Sugiyama Kanako, Mukae Hiroshi, Ishii Hiroshi, Ide Mioko, Ishimoto Hiroshi, Kakugawa Tomoyuki, Hisatomi Keiko, Nakayama Seiko, Shirai Ryo, Miyazaki Yoshitsugu, Kohno Shigeru
Secone Depertment of Internal Medicine, Nagasaki University School of Medicine.
Nihon Kokyuki Gakkai Zasshi. 2005 Nov;43(11):683-8.

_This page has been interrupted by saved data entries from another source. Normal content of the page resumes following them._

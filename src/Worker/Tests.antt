-- ===== src/Worker/Tests.antt =====
-- The worker's theorems at concrete pages, buffers and stages.
use cos516_project.Prelude.{
  ℕ, ◌∷◌, ◌++◌, replicate, ◌/◌, ◌≡◌, List, [], ==_iff, length, if◌then◌else◌, ◌*◌, arith, ◌+◌, ◌%◌,
  refl, ◌==◌, ◌^◌, true, false, Bool, ◌<◌, some, leb, ◌↔◌, ◌≤◌, get_or, none,
}
use cos516_project.Worker.Shadow.{clear_read, check_nrbw, check_nrbw_debug}
use cos516_project.Worker.Forward.{
  Platform, Page, Sender, Call, broadcast_eoi, forward_pair, buffer_ro_page, check_required,
  blank_buffer, send,
}
use cos516_project.Worker.Start.{Pcb, begin_iter, exited, returned}
use cos516_project.Worker.Start.Calls.{received, begin_iter_lem, first_stage, own_turn}
use cos516_project.Worker.Iteration.{Worker, Stages, Runtime, run_iteration, end_iter}
use cos516_project.Worker.Forward.Pages.{IsPlatform}
use cos516_project.Worker.Forward.Buffer.{
  IsBuffer, ro_pages, buffer_ro_page-ro_pages, reset-IsBuffer,
}
use cos516_project.Worker.Shadow.Nrbw.{check_nrbw_lem}
use cos516_project.Worker.Shadow.Scan.{all_readonly, nonzero_words, clear_read_lem}
use cos516_project.Worker.Forward.Pairs.{Pair, pair, pairs, pair_at, forward_pair-pairs}
use cos516_project.Worker.Iteration.Delivery.{IsWorker, Delivered, updated, end_iter-Delivered}
use cos516_project.Worker.Iteration.Turns.{IsStage, IsOf, turn, one_worker}

-- A page of which one byte was read, and one of which a byte was written.
abbrev read_words : List ℕ
read_words = 0 ∷ 0 ∷ 4 ∷ 0 ∷ []

abbrev written_words : List ℕ
written_words = 3 ∷ 0 ∷ 0 ∷ 1024 ∷ []

clear_read_lem_example :
    clear_read written_words
    ≡ (if all_readonly written_words then 0 else nonzero_words written_words, written_words)
clear_read_lem_example = clear_read_lem written_words tt

check_nrbw_lem_example : check_nrbw written_words ≡ check_nrbw_debug written_words
check_nrbw_lem_example =
    check_nrbw_lem written_words (omega arith, (omega arith, (omega arith, (omega arith, tt))))

abbrev pub platform : Platform
platform = record {
  buffer_address = 8;
  set_zero_page = λ shadow. replicate (length shadow) 0;
  is_zero_page = λ shadow. nonzero_words shadow == 0;
}

platform-IsPlatform : IsPlatform platform
platform-IsPlatform = record {
  sets_zero = λ shadow. refl;
  tells_zero = λ shadow. ==_iff (nonzero_words shadow) 0;
}

-- The marks of a touched page are in the first byte.
abbrev read_page : Page
read_page = record {
  address = 4096;
  shadow_address = 20480;
  mem = 5 ∷ 6 ∷ 7 ∷ 8 ∷ [];
  shadow = 0x80 ∷ 0 ∷ 4 ∷ 0 ∷ [];
}

abbrev written_page : Page
written_page = record {
  address = 8192;
  shadow_address = 24576;
  mem = 9 ∷ 10 ∷ 11 ∷ 12 ∷ [];
  shadow = 0x83 ∷ 0 ∷ 0 ∷ 1024 ∷ [];
}

abbrev pub fresh_sender : Sender
fresh_sender = record { data_ = blank_buffer; index = 0; calls = [] }

fresh_sender-IsBuffer : IsBuffer fresh_sender
fresh_sender-IsBuffer = reset-IsBuffer fresh_sender refl

buffer_ro_page-ro_pages_example :
    IsBuffer (buffer_ro_page 8 4096 fresh_sender)
    × (ro_pages (buffer_ro_page 8 4096 fresh_sender) ≡ ro_pages fresh_sender ++ 4096 ∷ [])
buffer_ro_page-ro_pages_example =
    buffer_ro_page-ro_pages 8 4096 fresh_sender (λ z. cc) fresh_sender-IsBuffer

forward_pair-pairs_example :
    (cs : List Call) × (ps : List Pair) × ((forward_pair platform 2 written_page check_required
        fresh_sender).0.calls
      ≡ [] ++ cs)
    × (pairs cs ≡ some ps)
    × (length ps ≡ nonzero_words written_page.shadow)
    × ((i : ℕ)
        → i < length written_page.mem
        → pair_at (written_page.address + 8 * i) ps ≡ (
            if get_or written_page.shadow i 0 == 0
            then none
            else some (
                pair
                  (written_page.address + 8 * i)
                  (get_or written_page.mem i 0)
                  (get_or written_page.shadow i 0)
                  check_required)))
forward_pair-pairs_example =
    forward_pair-pairs platform 2 written_page check_required fresh_sender (omega arith)
      (omega arith) refl

-- Stages of two workers each.
abbrev pub stages : Stages
stages = record {
  my_stage = λ wid. wid / 2;
  first_wid = λ stage. 2 * stage;
  replication_factor = λ stage. 2;
  wid_offset = λ iter stage. iter % 2;
}

pub stages-IsStage : IsStage stages 3
stages-IsStage = record {
  replicated = omega arith;
  fits = omega arith;
  consecutive = λ wid lo hi. omega arith;
  offset = λ iter. refl;
}

one_worker_example :
    IsOf stages 3 (turn stages 3 5)
    × (run_iteration stages (turn stages 3 5) 5 ≡ true)
    × ((wid : ℕ) → IsOf stages 3 wid → run_iteration stages wid 5 ≡ true → wid ≡ turn stages 3 5)
one_worker_example = one_worker stages 3 5 stages-IsStage

abbrev pub runtime : Runtime
runtime = record {
  update_loop_invariants = λ ps. ps;
  update_linear_predicted = λ ps. ps;
  advance_iter = λ iter. (iter + 1) % 2 ^ 32;
  malloc_instance_size = 16;
}

abbrev pub worker : Worker
worker = record {
  shadow_globals = read_page ∷ [];
  shadow_stacks = [];
  shadow_heaps = written_page ∷ [];
  malloc_elem = 1 ∷ 2 ∷ [];
  malloc_index = 1;
  sender = fresh_sender;
  iter = 5;
}

worker-IsWorker : IsWorker (updated runtime worker)
worker-IsWorker = record {
  globals = (record { placed = λ z. cc; paired = tt }, tt);
  stacks = tt;
  heaps = (record { placed = λ z. cc; paired = tt }, tt);
  buffer = fresh_sender-IsBuffer;
}

end_iter-Delivered_example :
    (t : Worker) × Delivered worker t
    × (t.malloc_index ≡ 0)
    × (t.iter ≡ 5)
    × (end_iter stages platform runtime 7 worker
        ≡ record t { sender = send broadcast_eoi t.sender; iter = 6 })
end_iter-Delivered_example =
    end_iter-Delivered stages platform runtime 3 7 worker stages-IsStage platform-IsPlatform
      (omega arith, omega arith) refl worker-IsWorker

-- Worker 7 waits two rounds for iteration 5; the misspeculation is later than that.
abbrev pub pcb : Pcb
pcb = record { misspeculation_happened = true; misspeculated_iteration = 9 }

abbrev pub third_read : ℕ → Bool
third_read k = leb 2 k

pub third_read-busy : (j : ℕ) → j < 2 → third_read j ≡ false
third_read-busy j h = ground arith

begin_iter_lem_example :
    ((begin_iter stages pcb 3 third_read 7 5 ≡ some (exited (received 2 5)))
      ↔ ((true ≡ true) × (9 ≤ 5)))
    × ((begin_iter stages pcb 3 third_read 7 5
          ≡ some (returned (received 2 5 ++ (first_stage 5 3 ++ own_turn 7 (turn stages 3 5)))))
        ↔ (¬ ((true ≡ true) × (9 ≤ 5))))
begin_iter_lem_example =
    begin_iter_lem stages pcb 2 3 7 5 third_read third_read-busy refl (omega arith) 3 stages-IsStage
      (omega arith, omega arith)
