-- ===== src/Worker/Invocation/Fresh.antt =====
-- What an invocation leaves, and the first iterations in it.
use cos516_project.Prelude.{
  ℕ, ◌∷◌, ◌++◌, some, Bool, ◌≡◌, none, refl, ◌<◌, false, true, if◌then◌else◌, ◌==◌, [],
}
use cos516_project.Worker.Iteration.{Stages}
use cos516_project.Worker.Start.{returned, begin_iter, predictions, reset_protection, check_misspec}
use cos516_project.Worker.Start.Calls.{received}
use cos516_project.Worker.Invocation.{
  ControlBlock, Process, Host, begin_invocation, end_invocation, get_pcb, seen,
}
use cos516_project.Worker.Iteration.Turns.{turn, IsStage, IsOf}
use cos516_project.Worker.Start.Calls.{begin_iter-after}

-- What happens to the PCB in between is up to other processes: it is replaced by any other one.
-- end_invocation returns what the PCB holds.
pub begin_invocation-end_invocation :
    (host : Host) (p : Process) (pcb : ControlBlock)
    → end_invocation host (record (begin_invocation host p).1 { pcb = some pcb }) ≡ (
      pcb.exit_taken,
      record p {
        pcb = none;
        old_affinity = p.affinity;
        stack_bound = host.ebp;
        current_iter = host.first_iter;
      },
    )
unfolding begin_invocation end_invocation
begin_invocation-end_invocation host p pcb = refl

-- After begin_invocation, whatever the last invocation left in the PCB, begin_iter in a well-
-- formed stage, where the flag is set at a read that the fuel reaches, does not exit: it returns
-- after the calls of its iteration.
pub begin_invocation-begin_iter :
    (host : Host) (p : Process) (st : Stages) (rounds fuel wid iter : ℕ) (good_to_go : ℕ → Bool)
    → ((j : ℕ) → j < rounds → good_to_go j ≡ false)
    → good_to_go rounds ≡ true
    → rounds < fuel
    → (stage : ℕ) → IsStage st stage
    → IsOf st stage wid
    → begin_iter st (seen (get_pcb host (begin_invocation host p).1)) fuel good_to_go wid iter
      ≡ some (
          returned (
            received rounds iter
            ++ (predictions stage iter
                ++ (if wid == turn st stage iter then reset_protection ∷ [] else []))))
unfolding begin_invocation check_misspec
begin_invocation-begin_iter host p st rounds fuel wid iter good_to_go busy good lt stage hs hof =
    begin_iter-after st (seen (get_pcb host (begin_invocation host p).1)) rounds fuel wid iter
      good_to_go busy good lt stage hs hof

A 37-year-old-woman was admitted to our hospital because of chest bilateral reticular shadow with fever, cough, general malaise and exertional dyspnea in the summer. A diagnosis of summer-type hypersensitivity pneumonitis (SHP) was made by radiological, serological and histological examinations. Her 10-year-old daughter had chest reticular shadows and similar symptoms. These two patients were positive for serum anti-Trichosporon cutaneum (T. asahii, T. mucoides) antibodies and T. asahii was identified from cultured samples obtained from their house. They recovered spontaneously after hospitalization or isolation from the antigen. We reviewed the clinical features in sixteen families with familial SHP reported in Japan. Children aged under 15 years old accounted for 34% and there was no gender difference among patients. This finding differs from the conventionally defined features of patients with SHP. Measurements of serum KL-6, SP-D and SP-A seem to be useful for auxiliary diagnosis and monitoring the disease activity of SHP, especially in pediatric cases who cannot undergo invasive evaluation.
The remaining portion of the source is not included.